### TO DO
Transcribe exactly everything in the data below from the line containing "(rate !== undefined)" down to the line containing "r.acceptance_waives_vendor_responsibility", both lines included and nothing further.

==========

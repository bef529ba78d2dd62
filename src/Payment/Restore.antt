-- ===== src/Payment/Restore.antt =====
-- packages/processes/vendor-acceptance-payment/src/domain/acceptance-payment.ts: `restore` of a stored
-- decision, with its check `validateRestored`.
use youone_rnd.Shared.{
  Bool, false, not, ◌&&◌, ◌||◌, Option, none, some, [], ◌∷◌, String, Result, ok, ◌>>=◌, ◌>>◌,
  fail_if, ◌==◌, any, str_eq, truthy, is_none, codes_eq,
}
use youone_rnd.Decimal.{decimal_micros, percentage_micros}
use youone_rnd.Kernel.{Version, Money}
use youone_rnd.Payment.Types.{
  AcceptancePaymentState, AcceptanceResponsibilityInvariant, AcceptancePaymentDecisionSnapshot,
  Percentage, same_payment_state,
}
use youone_rnd.Payment.Rate.{calculate_approved_payable_amount}
use youone_rnd.Payment.Release.{lacks_approval}

-- `if (rate !== undefined) percentageMicros(rate, code)`
unfoldable pub check_optional_percentage : Option Percentage → String → Result (Unit {0})
check_optional_percentage none code = ok tt
check_optional_percentage (some rate) code = do parsed ← percentage_micros rate code; ok tt

-- A version that may be undefined, read as a condition: undefined and 0 are false.
abbrev pub truthy_version : Option Version → Bool
truthy_version none = false
truthy_version (some v) = not (v == 0)

abbrev pub lacks_subject : AcceptancePaymentDecisionSnapshot → Bool
lacks_subject v =
    not (truthy v.approval_instance_id)
    || not (truthy_version v.approval_subject_version)
    || not (truthy v.sealed_snapshot_checksum)
    || not (truthy v.sealed_at)

unfoldable pub check_restored_amount :
    AcceptancePaymentDecisionSnapshot → Option Percentage → Option Money → Result (Unit {0})
check_restored_amount v (some rate) (some amount) = do
  expected ← calculate_approved_payable_amount v.milestone_amount rate v.policy
  fail_if (not (str_eq amount.currency expected.currency))
      "ACCEPTANCE_PAYMENT_APPROVED_AMOUNT_MISMATCH"
  stored_micros ← decimal_micros amount.amount "ACCEPTANCE_PAYMENT_APPROVED_AMOUNT_INVALID"
  expected_micros ← decimal_micros expected.amount "ACCEPTANCE_PAYMENT_APPROVED_AMOUNT_INVALID"
  fail_if (not (stored_micros == expected_micros)) "ACCEPTANCE_PAYMENT_APPROVED_AMOUNT_MISMATCH"
check_restored_amount v _ _ = ok tt

abbrev pub waives : AcceptanceResponsibilityInvariant → Bool
waives r =
    r.acceptance_waives_vendor_responsibility
    || r.payment_eligibility_waives_vendor_responsibility
    || not r.warranty_and_latent_defect_responsibility_survives
    || not r.professional_responsibility_survives
    || r.external_transfer_executed

unfoldable pub validate_restored : AcceptancePaymentDecisionSnapshot → Result (Unit {0})
validate_restored v = do
  achievement ← percentage_micros v.achievement_percent "ACCEPTANCE_PAYMENT_ACHIEVEMENT_INVALID"
  calculated ←
      percentage_micros v.calculated_proposed_rate "ACCEPTANCE_PAYMENT_CALCULATED_RATE_INVALID"
  check_optional_percentage v.adjusted_requested_rate "ACCEPTANCE_PAYMENT_ADJUSTMENT_RATE_INVALID"
  check_optional_percentage v.final_approved_rate "ACCEPTANCE_PAYMENT_FINAL_RATE_INVALID"
  fail_if (not (codes_eq v.achievement_percent v.basis.achievement_percent))
      "ACCEPTANCE_PAYMENT_BASIS_REWRITTEN"
  fail_if (same_payment_state v.state AcceptancePaymentState.approval_pending && lacks_subject v)
      "ACCEPTANCE_PAYMENT_EXACT_SUBJECT_REQUIRED"
  fail_if
      (any (same_payment_state v.state) (
          AcceptancePaymentState.approved ∷ AcceptancePaymentState.held_for_conditions
          ∷ AcceptancePaymentState.eligible_for_external_payment ∷ [])
        && (lacks_approval v || is_none v.approved_payable_amount))
      "ACCEPTANCE_PAYMENT_OFFICIAL_APPROVAL_REQUIRED"
  check_restored_amount v v.final_approved_rate v.approved_payable_amount
  fail_if (waives v.responsibility) "ACCEPTANCE_PAYMENT_NON_WAIVER_REQUIRED"

unfoldable pub restore :
    AcceptancePaymentDecisionSnapshot → Result AcceptancePaymentDecisionSnapshot
restore v = do validate_restored v; ok v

==========

### EXERCISE ANSWER
-- `if (rate !== undefined) percentageMicros(rate, code)`
unfoldable pub check_optional_percentage : Option Percentage → String → Result (Unit {0})
check_optional_percentage none code = ok tt
check_optional_percentage (some rate) code = do parsed ← percentage_micros rate code; ok tt

-- A version that may be undefined, read as a condition: undefined and 0 are false.
abbrev pub truthy_version : Option Version → Bool
truthy_version none = false
truthy_version (some v) = not (v == 0)

abbrev pub lacks_subject : AcceptancePaymentDecisionSnapshot → Bool
lacks_subject v =
    not (truthy v.approval_instance_id)
    || not (truthy_version v.approval_subject_version)
    || not (truthy v.sealed_snapshot_checksum)
    || not (truthy v.sealed_at)

unfoldable pub check_restored_amount :
    AcceptancePaymentDecisionSnapshot → Option Percentage → Option Money → Result (Unit {0})
check_restored_amount v (some rate) (some amount) = do
  expected ← calculate_approved_payable_amount v.milestone_amount rate v.policy
  fail_if (not (str_eq amount.currency expected.currency))
      "ACCEPTANCE_PAYMENT_APPROVED_AMOUNT_MISMATCH"
  stored_micros ← decimal_micros amount.amount "ACCEPTANCE_PAYMENT_APPROVED_AMOUNT_INVALID"
  expected_micros ← decimal_micros expected.amount "ACCEPTANCE_PAYMENT_APPROVED_AMOUNT_INVALID"
  fail_if (not (stored_micros == expected_micros)) "ACCEPTANCE_PAYMENT_APPROVED_AMOUNT_MISMATCH"
check_restored_amount v _ _ = ok tt

abbrev pub waives : AcceptanceResponsibilityInvariant → Bool
waives r =
    r.acceptance_waives_vendor_responsibility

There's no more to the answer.